Minivany nie umarły. Oto Citroën ELO Concept
Citroen odsłonił koncepcyjny model ELO – elektrycznego, modułowego vana z sześcioma miejscami i centralnym fotelem kierowcy.
Citroen ELO to mały, pudełkowaty van o długości 4,10 m, który wyróżnia się dużymi, przesuwnymi drzwiami i konfigurowalnym wnętrzem. Koncept nie zapowiada konkretnego modelu, ale pokazuje kierunek stylistyczny, w jakim zamierza podążać marka.
Tym, co szczególni zwraca uwagę, jest nietypowy jest układ siedzeń. Fotel kierowcy umieszczono pośrodku, za nim dwa wyjmowane pojedyncze siedzonka, a dalej trzyosobową kanapę. Dodatkowo przedni fotel obraca się, zmieniając kabinę w miejsce spotkań albo pracy.
Citroën podkreśla aspekt wypoczynkowy. Tylną część wnętrza można zmienić w strefę snu dzięki dwóm dmuchanym materacom z tworzywa Dropstitch, chowanym w bagażniku. Dzięki opuszczanemu ekranowi auto może też pełnić rolę kina domowego.
Citroën ë-C4 – wreszcie jest bez sensu!
Z zewnątrz ELO stawia na prostotę i funkcjonalność. Kwadratowe lampy LED, duże podświetlane logo i symetryczne zderzaki nadają mu charakteru. Na boku dominują duże przeszklenia i drzwi przesuwne; z tyłu zastosowano asymetryczne drzwi i dzielone światła.
Warto też zwrócić uwagę, żę w ELO nie ma tradycyjnej deski rozdzielczej.

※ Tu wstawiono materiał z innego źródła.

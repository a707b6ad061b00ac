-- ===== src/Config/Agree.antt =====
-- The two ways in which src/parser.rs reads the options, a configuration file and the command line, compared.
use tws_rust.Prelude.{ℕ, ◌^◌, ◌<◌, List, map, All, Option, none, some, Result, ok, err, ◌≡◌}
use Prim.Native.String.{String}
use tws_rust.Text.Bytes.{Bytes}
use tws_rust.Text.Decimal.{show_ℕ}
use tws_rust.Net.Addr.{SocketAddr, IpAddr, v4, v6, InRange}
use tws_rust.Net.Show.{show_addr}
use tws_rust.Net.Read.{parse_addr}
use tws_rust.Net.Numbers.{parse_addr-show_addr}
use tws_rust.Util.SharedStream.Keeps.{Holds}
use tws_rust.Config.Options.{ClientDocument, ServerDocument, or_default, default_no_udp}
use tws_rust.Config.Args.{
  arg_listen, arg_server, arg_remote, arg_timeout, arg_retry_timeout, arg_connections, arg_passwd,
  arg_udp_timeout, ArgMatches,
}

abbrev pub shown : {A : Type 0} → (A → Bytes) → Option A → Option Bytes
shown show none = none
shown show (some a) = some (show a)

abbrev all_shown : Option (List SocketAddr) → Option (List Bytes)
all_shown none = none
all_shown (some addrs) = some (map show_addr addrs)

-- The arguments that say what a file says.
abbrev pub client_args : ClientDocument → ArgMatches
client_args d = record {
  given = λ arg. elim arg [
    | arg_connections ↦ shown show_ℕ d.connections
    | arg_listen ↦ shown show_addr d.listen
    | arg_remote ↦ shown show_addr d.remote
    | arg_server ↦ d.server
    | arg_passwd ↦ d.passwd
    | arg_timeout ↦ shown show_ℕ d.timeout
    | arg_retry_timeout ↦ shown show_ℕ d.retry_timeout
    | arg_udp_timeout ↦ shown show_ℕ d.udp_timeout
    | _ ↦ none
  ];
  given_all = λ arg. none;
  is_present = λ arg. or_default d.no_udp default_no_udp;
}

abbrev pub server_args : ServerDocument → ArgMatches
server_args d = record {
  given = λ arg. elim arg [
    | arg_listen ↦ shown show_addr d.listen
    | arg_passwd ↦ d.passwd
    | arg_timeout ↦ shown show_ℕ d.timeout
    | arg_udp_timeout ↦ shown show_ℕ d.udp_timeout
    | _ ↦ none
  ];
  given_all = λ arg. all_shown d.accept_remotes;
  is_present = λ arg. or_default d.no_udp default_no_udp;
}

abbrev pub IsV4 : SocketAddr → Type 0
IsV4 addr = elim addr.ip [
  | v4 a b c d ↦ InRange (v4 a b c d) × (addr.port < 65536)
  | v6 segments ↦ ⊥
]

-- An address that is read from its own text.
abbrev pub IsReadable : SocketAddr → Type 0
IsReadable addr = parse_addr (show_addr addr) ≡ some addr

abbrev pub IsWord : ℕ → Type 0
IsWord n = n < 2 ^ 64

parse_addr-shown_ip :
    (ip : IpAddr) (port : ℕ)
    → IsV4 (record { ip = ip; port = port })
    → parse_addr (show_addr (record { ip = ip; port = port }))
      ≡ some (record { ip = ip; port = port })
parse_addr-shown_ip (v4 a b c d) port h = parse_addr-show_addr a b c d port h.0 h.1
parse_addr-shown_ip (v6 segments) port h = absurd h

pub parse_addr-IsV4 : (addr : SocketAddr) → IsV4 addr → IsReadable addr
parse_addr-IsV4 addr h = parse_addr-shown_ip addr.ip addr.port h

abbrev pub to_option : {T : Type 0} → Result T → Option T
to_option (err message) = none
to_option (ok t) = some t

abbrev pub FitsClient : ClientDocument → Type 0
FitsClient d =
    Holds IsWord d.connections
    × Holds IsWord d.timeout
    × Holds IsWord d.retry_timeout
    × Holds IsWord d.udp_timeout
    × Holds IsReadable d.listen
    × Holds IsReadable d.remote

abbrev pub FitsServer : ServerDocument → Type 0
FitsServer d =
    Holds IsWord d.timeout
    × Holds IsWord d.udp_timeout
    × Holds IsReadable d.listen
    × Holds (All IsReadable) d.accept_remotes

Przed kierowcą znajduje się otwarta półka i wąski ekran pod podstawą przedniej szyby. Kierownica ma futurystyczny kształt i dwa manipulatory w stylu joysticków, uzupełnione klasycznymi manetkami.
Koncept korzysta z elektrycznej architektury, ale Citroën nie chwali się szczegółową specyfikacją. Szef designu Pierre Leclercq określa ELO jako "wybuch energii", eksperyment skupiony na praktyczności, wydajności i odrobinie fantazji. Prezes Xavier Chardon dodał, że to "laboratorium idei" i "mocny komunikat" o wizji marki. Debiut publiczny zaplanowano na Brussels Motor Show w styczniu 2026 r.